Personal information
- Born: 30 May 1988 (age 38) Erfurt, East Germany
- Height: 1.72 m (5 ft 8 in)
- Weight: 69 kg (152 lb)

Sport
- Sport: Speed skating
- Club: ESC Erfurt, Erfurt

Medal record
Women's speed skating
Representing Germany
Olympic Games
| Gold medal – first place | 2010 Vancouver | Team pursuit |
| Silver medal – second place | 2010 Vancouver | 3000 m |
| Silver medal – second place | 2010 Vancouver | 5000 m |
World Championships
| Silver medal – second place | 2011 Inzell | 5000 m |
| Silver medal – second place | 2012 Heerenveen | 3000 m |
| Silver medal – second place | 2012 Heerenveen | 5000 m |
| Bronze medal – third place | 2011 Inzell | 3000 m |
| Bronze medal – third place | 2011 Inzell | Team pursuit |

= Stephanie Beckert =

German speed skater (born 1988)

Stephanie Beckert (born 30 May 1988) is a long-distance speed skater from Germany.
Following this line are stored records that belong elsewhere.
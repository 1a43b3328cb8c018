-- ===== src/Tests/Sending.antt =====
-- The instruction of Message, for a process that is not in the table: it goes to the parent.
use wimp.Prelude.{some, true, ◌==◌, if◌then◌else◌}
use wimp.ProcessTable.{ProcessData, parent}
use wimp.Server.{Server}
use wimp.Tests.Processes.{processes, localhost}
use wimp.Tests.Serving.{master}

abbrev pub active_parent : ProcessData
active_parent = record {
  process_domain = some localhost;
  process_connection = some 9;
  process_port = 8001;
  process_active = true;
  process_relation = parent;
}

abbrev pub connected_master : Server
connected_master = record master {
  ptable = record processes { heap = λ a. if a == 2 then some active_parent else processes.heap a };
}
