-- ===== src/Tests/Sharing.antt =====
-- A table of two slots: one that is shared, and one that has been used before.
use wimp.Prelude.{ℕ, zero, suc, ◌<◌, ◌≡◌, ◌≢◌, refl, arith, none, some, [], ◌∷◌, true}
use wimp.Prelude.Bytes.{Bytes, text_eq}
use wimp.HashString
use wimp.HashString.{HashString, Entry}
use wimp.Arena
use wimp.Arena.{Arena}
use wimp.SharedData.{
  success, DataSlot, DataTable, DataArena, slot, find_free, find_named, reserve, unlink_from_data,
  unlink_slot, access, stop_access,
}
use wimp.SharedData.Access.{access-stop_access}
use wimp.SharedData.Reuse.{reserve-arena, unlink_from_data-reserve}

abbrev shapes : Bytes
shapes = 0x73 ∷ []

abbrev sounds : Bytes
sounds = 0x74 ∷ []

abbrev arena_of : ℕ → ℕ → Arena
arena_of capacity pointer = record {
  size = pointer;
  capacity = capacity;
  pointer = pointer;
  block = none;
}

abbrev shared_slot : DataSlot
shared_slot = record { share_counter = 1; size = 100; data_arena = arena_of 100 20; name = shapes }

-- Left behind by data of fifty bytes.
abbrev used_slot : DataSlot
used_slot = record { share_counter = 0; size = 0; data_arena = arena_of 50 40; name = [] }

abbrev two_slots : DataTable
two_slots = record {
  slots = shared_slot ∷ used_slot ∷ [];
  cache = some 5 ∷ none ∷ [];
  cache_map = record { size = 1; table = (record { key = shapes; value = 0 } ∷ []) ∷ [] };
}

reserve-arena_example :
    (table' : DataTable) × (reserve (some 6) true true two_slots sounds 20 ≡ some (success, table'))
    × (slot table' 1
        ≡ record { share_counter = 1; size = 20; data_arena = arena_of 50 40; name = sounds })
    × ((j : ℕ) → 1 ≢ j → slot table' j ≡ slot two_slots j)
reserve-arena_example =
    reserve-arena 6 1 20 true true two_slots sounds (omega arith) refl before (omega arith)
  where
    before : (j : ℕ) → j < 1 → (slot two_slots j).share_counter ≢ 0
    before zero h e = omega (arith, e)
    before (suc j) h e = omega (arith, h)

-- The first slot given up.
abbrev after_unlink : DataTable
after_unlink = record {
  slots =
      record { share_counter = 0; size = 0; data_arena = arena_of 100 20; name = [] }
      ∷ used_slot
      ∷ [];
  cache = none ∷ none ∷ [];
  cache_map = record { size = 1; table = [] ∷ [] };
}

unlink_from_data-reserve_example :
    (table'' : DataTable) × (reserve (some 6) true true after_unlink sounds 20
      ≡ some (success, table''))
    × (slot table'' 0
        ≡ record { share_counter = 1; size = 20; data_arena = arena_of 100 20; name = sounds })
unfolding find_free find_named unlink_from_data unlink_slot HashString.remove HashString.hash
    text_eq Arena.init
unlink_from_data-reserve_example =
    unlink_from_data-reserve two_slots after_unlink shapes sounds 0 6 20 true true refl
      (omega arith) refl (λ e. cc) refl refl (omega arith)

-- The process has the segment 5 at 700, and put ten bytes more into the arena.
abbrev lent : DataArena
lent = record {
  arena = record { size = 30; capacity = 100; pointer = 30; block = some 700 };
  shm = some 5;
}

access-stop_access_example :
    (access (λ _. some 800) (stop_access two_slots lent shapes).0 shapes ≡ (
      success,
      some (record {
        arena = record { size = 30; capacity = 100; pointer = 30; block = some 800 };
        shm = some 5;
      }),
    ))
    × ((j : ℕ) → 0 ≢ j → slot (stop_access two_slots lent shapes).0 j ≡ slot two_slots j)
unfolding HashString.find HashString.find_chain HashString.hash text_eq
access-stop_access_example =
    access-stop_access (λ _. some 800) two_slots lent shapes (record { key = shapes; value = 0 })
      refl (omega arith)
She had a fourth place standing at the 2008–09 women's 3000/5000 m World Cup. At the 2010 Winter Olympics she won one gold and two silver medals.
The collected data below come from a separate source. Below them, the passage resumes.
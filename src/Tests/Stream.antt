-- ===== src/Tests/Stream.antt =====
-- The reciever of process "B" on a stream that comes in three packets: a ping, the instruction of
-- Message and an exit, cut in the middle of a header and of a text.
use wimp.Prelude.{◌==◌, ◌≡◌, refl, arith, List, [], ◌∷◌, true, length, replicate, length-replicate}
use wimp.Prelude.Bytes.{Bytes, le32, text_eq}
use wimp.Wire.{bundle_size}
use wimp.Wire.Bundle.{message, length-message}
use wimp.Reciever.{
  Allocator, Packet, received, got, crash, is_exit, exit_text, RecieverState, recieve,
}
use wimp.Reciever.Stream.{Allocates, IsMessage, is_exit-message}
use wimp.Reciever.Rounds.{ping_sent, instr_sent, started}
use wimp.Reciever.Delivery.{recieve-queue}
use wimp.Tests.Message.{
  sender, receiver, order, payload, dirty_malloc, sender-IsName, receiver-IsName, order-IsName,
  length-order,
}

abbrev order_bytes : Bytes
order_bytes = 17 ∷ 0 ∷ 0 ∷ 0 ∷ 0x42 ∷ 0 ∷ 0x41 ∷ 0 ∷ 0x67 ∷ 0x6f ∷ 0 ∷ 2 ∷ 0 ∷ 0 ∷ 0 ∷ 1 ∷ 0 ∷ []

abbrev exit_bytes : Bytes
exit_bytes =
    17 ∷ 0 ∷ 0 ∷ 0 ∷ 0x42 ∷ 0 ∷ 0x41 ∷ 0 ∷ 0x65 ∷ 0x78 ∷ 0x69 ∷ 0x74 ∷ 0 ∷ 0 ∷ 0 ∷ 0 ∷ 0 ∷ []

abbrev three_packets : List Packet
three_packets =
    received (0x70 ∷ 0x69 ∷ 0x6e ∷ 0x67 ∷ 17 ∷ 0 ∷ [])
    ∷ received (0 ∷ 0 ∷ 0x42 ∷ 0 ∷ 0x41 ∷ 0 ∷ 0x67 ∷ [])
    ∷ received (0x6f ∷ 0 ∷ 2 ∷ 0 ∷ 0 ∷ 0 ∷ 1 ∷ 0 ∷ exit_bytes)
    ∷ []

-- A node for the first instruction and for no other.
abbrev pub one_node : Allocator
one_node = record { block = dirty_malloc; node = λ queue. length queue == 0 }

-- Memory for everything.
abbrev pub plenty : Allocator
plenty = record { block = dirty_malloc; node = λ queue. true }

pub plenty-Allocates : Allocates plenty
plenty-Allocates n = (replicate n 7, refl, length-replicate n 7)

one_node-Allocates : Allocates one_node
one_node-Allocates n = (replicate n 7, refl, length-replicate n 7)

pub order-IsMessage : IsMessage sender receiver order payload
order-IsMessage = (
  sender-IsName,
  receiver-IsName,
  order-IsName,
  omega (arith, length-order),
  λ e. absurd (omega (arith, length-order)),
)

pub length-exit : length (message sender receiver exit_text []) ≡ 17
length-exit = length-message sender receiver exit_text []

pub exit-IsMessage : IsMessage sender receiver exit_text []
exit-IsMessage = (
  sender-IsName,
  receiver-IsName,
  ((λ e. cc, (λ e. cc, (λ e. cc, (λ e. cc, tt)))), omega arith),
  omega (arith, length-exit),
  λ e. absurd (omega (arith, length-exit)),
)

-- An instruction whose size is a multiple of 256: 241 bytes of arguments.
abbrev long_payload : Bytes
long_payload = replicate 241 1

length-long : length (message sender receiver order long_payload) ≡ 256
length-long = length-message sender receiver order long_payload

long-IsMessage : IsMessage sender receiver order long_payload
long-IsMessage = (
  sender-IsName,
  receiver-IsName,
  order-IsName,
  omega (arith, length-long),
  λ e. absurd (omega (arith, length-long)),
)

is_exit-message_example : is_exit receiver (message sender receiver order long_payload) 256 ≡ crash
unfolding message le32 bundle_size
is_exit-message_example = is_exit-message sender receiver order long_payload long-IsMessage receiver

recieve-queue_example :
    (end : RecieverState) × (recieve one_node receiver 3 100 (λ _. true) (started three_packets [])
      ≡ got end)
    × (end.queue ≡ order_bytes ∷ [])
unfolding message le32 bundle_size text_eq
recieve-queue_example =
    recieve-queue one_node receiver one_node-Allocates 100 (λ _. true) (λ k. refl) sender []
      exit-IsMessage refl (ping_sent ∷ instr_sent sender receiver order payload ∷ []) three_packets
      [] 3 (tt, ((order-IsMessage, refl, refl), tt))
      ((omega arith, omega arith), ((omega arith, omega arith), ((omega arith, omega arith), tt)))
      refl (omega arith) (omega arith)
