-- ===== src/Transport.antt =====
-- From the outgoing queue of one process to the incoming queue of another:
-- wimp_server_send_instructions of wimp/src/wimp_server.c at one end of a connection, and
-- wimp_reciever_recieve of wimp/src/wimp_reciever.c at the other.
use wimp.Prelude.{
  ℕ, ◌≤◌, ◌≡◌, Option, none, some, List, [], ◌∷◌, Bool, true, false, if◌then◌else◌, All, length,
}
use wimp.Prelude.Bytes.{Bytes}
use wimp.ProcessTable.{State}
use wimp.Wire.Bundle.{message}
use wimp.Reciever.{Packet}
use wimp.Reciever.Packets.{IsPacket, contents}
use wimp.Reciever.Rounds.{Sent, instr_sent, wire, instructions, IsSendable}
use wimp.Server.{Server}
use wimp.Server.Mail.{Mail, receiver, way, bound_for, same_connection}

abbrev pub goes : Option (Option ℕ) → Option ℕ → Bool
goes none c = false
goes (some to) c = same_connection to c

-- The instructions that are sent on a connection, in order.
abbrev pub contents_for : State → Option Bytes → Option ℕ → List Mail → List Bytes
contents_for ptable parent c [] = []
contents_for ptable parent c (m ∷ mails) =
    let rest = contents_for ptable parent c mails in
    if goes (way (receiver ptable parent m.dest)) c then m.content ∷ rest else rest

-- TCP: it loses nothing and keeps the order, and each packet has a byte and fits the buffer.
abbrev pub IsNetwork : (Bytes → List Packet) → Type 0
IsNetwork cut = (bytes : Bytes) → All IsPacket (cut bytes) × (contents (cut bytes) ≡ bytes)

-- An instruction that a reciever understands, and that does not stop the process `me`.
pub record Letter (me : Bytes) (m : Mail) : Type 0 where
  pub process : Bytes
  pub dest : Bytes
  pub instr : Bytes
  pub args : Bytes
  pub is : m.content ≡ message process dest instr args
  pub sendable : IsSendable me (instr_sent process dest instr args)

module _ (ptable : State) (parent : Option Bytes) (c : Option ℕ) where
  -- Everything that goes to the connection is a letter for it.
  abbrev pub Letters : Bytes → List Mail → Type 0
  Letters me = All (λ m. goes (way (receiver ptable parent m.dest)) c ≡ true → Letter me m)

  -- The letters, as a reciever sees them.
  record Posted (me : Bytes) (mails : List Mail) : Type 0 where
    sent : List Sent
    good : All (IsSendable me) sent
    bytes : wire sent ≡ bound_for ptable parent c mails
    queue : instructions sent ≡ contents_for ptable parent c mails
    fewer : length sent ≤ length mails
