-- ===== src/Tests/Transport.antt =====
-- A server with two instructions in its outgoing queue, that of Message and an exit, both for a
-- process behind the parent, which is connected; and the reciever of that process.
use wimp.Prelude.{◌≡◌, refl, arith, none, some, List, [], ◌∷◌, inl, inr, ◌==◌, if◌then◌else◌}
use wimp.Prelude.Bytes.{Bytes, le32, text_eq}
use wimp.HashString
use wimp.Memory.{Store, unlock}
use wimp.Memory.Frame.{Item, Ends}
use wimp.Queue.Chain.{IsQueue}
use wimp.Queue.Free.{Owned}
use wimp.ProcessTable.Laws.{IsValid}
use wimp.Wire.{bundle_size}
use wimp.Wire.Bundle.{message}
use wimp.Reciever.{Packet, received, exit_text}
use wimp.Server.{Server, send_instructions}
use wimp.Server.Mail.{Mail, Holds}
use wimp.Server.Drain.{Drained, held, send_instructions-Drained}
use wimp.Tests.Processes.{processes-IsValid, find_processes}
use wimp.Tests.Message.{
  sender, receiver, order, payload, sender-IsName, receiver-IsName, order-IsName, length-order,
}
use wimp.Tests.Stream.{exit-IsMessage, length-exit}
use wimp.Tests.Sending.{connected_master}
use wimp.Tests.Serving.{slow, slow-Takes}

abbrev order_node : Item
order_node = record { at = 1; instr = record { instruction = some 11; instruction_bytes = 17 } }

abbrev exit_node : Item
exit_node = record { at = 2; instr = record { instruction = some 12; instruction_bytes = 17 } }

abbrev memory : Store
memory = record {
  node = λ a.
      if a == 1
      then some (record { instr = order_node.instr; nextnode = some 2 })
      else (if a == 2 then some (record { instr = exit_node.instr; nextnode = none }) else none);
  block = λ b.
      if b == 11
      then some (message sender receiver order payload)
      else (if b == 12 then some (message sender receiver exit_text []) else none);
  calls = [];
}

abbrev loaded : Server
loaded = record connected_master {
  outgoingmsg = record {
    nextnode = some 1;
    backnode = some 2;
    datamutex = 4;
    nextmutex = 5;
    lowpriomutex = 6;
  };
}

loaded-IsQueue : IsQueue memory loaded.outgoingmsg (order_node ∷ exit_node ∷ [])
loaded-IsQueue = record {
  front = refl;
  back = refl;
  linked = (refl, (refl, tt));
  distinct = (refl, (refl, tt));
}

abbrev order_mail : Mail
order_mail = record { dest = receiver; content = message sender receiver order payload }

abbrev exit_mail : Mail
exit_mail = record { dest = receiver; content = message sender receiver exit_text [] }

order_node-Holds : Holds loaded.process_name memory order_node order_mail
unfolding text_eq message le32 bundle_size
order_node-Holds = record {
  name = order;
  carried = record {
    block_at = 11;
    process = sender;
    dest = receiver;
    args = payload;
    names = (sender-IsName, receiver-IsName, order-IsName);
    small = omega (arith, length-order);
    odd = refl;
    there = refl;
    instr = refl;
  };
  dest = refl;
  content = refl;
  other = refl;
}

exit_node-Holds : Holds loaded.process_name memory exit_node exit_mail
unfolding text_eq message le32 bundle_size
exit_node-Holds = record {
  name = exit_text;
  carried = record {
    block_at = 12;
    process = sender;
    dest = receiver;
    args = [];
    names = (sender-IsName, receiver-IsName, exit-IsMessage.2);
    small = omega (arith, length-exit);
    odd = refl;
    there = refl;
    instr = refl;
  };
  dest = refl;
  content = refl;
  other = refl;
}

loaded-Owned : Owned memory (order_node ∷ exit_node ∷ [])
loaded-Owned = ((_, refl), refl, ((_, refl), refl, tt))

loaded-IsValid : IsValid loaded.ptable
loaded-IsValid = record {
  hashed = processes-IsValid.hashed;
  live = λ j e at. elim (find_processes j e at) [
    | inl (named, value) ↦ rw value refl
    | inr (named, value) ↦ rw value refl
  ];
  apart = processes-IsValid.apart;
  counted = processes-IsValid.counted;
}

send_instructions-Drained_example :
    Ends (send_instructions slow (λ s. none) 3 20 loaded memory) (λ server' t.
      (u : Store) × Drained loaded
        (order_node ∷ exit_node ∷ [])
        (order_mail ∷ exit_mail ∷ [])
        (held loaded memory)
        server'
        u
      × (t ≡ record u { calls = unlock 4 ∷ u.calls }))
send_instructions-Drained_example =
    send_instructions-Drained slow slow-Takes (λ s. none) 20 3 loaded (order_node ∷ exit_node ∷ [])
      (order_mail ∷ exit_mail ∷ []) memory loaded-IsQueue (order_node-Holds, (exit_node-Holds, tt))
      loaded-Owned loaded-IsValid (omega (arith, length-order), (omega (arith, length-exit), tt))
      (omega arith)

-- A network that hands over one byte at a time.
abbrev single : Bytes → List Packet
single [] = []
single (b ∷ bytes) = received (b ∷ []) ∷ single bytes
Her mother Angela and five younger brothers and sisters all did speed skating, and one of the brothers, Patrick, competed at the 2010 Olympics. Her father Detlef is a retired handball player. Stephanie first trained in figure skating, but at the age of 10 switched to speed skating. Since October 2006 Beckert is serving in the German Army and has a rank of sergeant.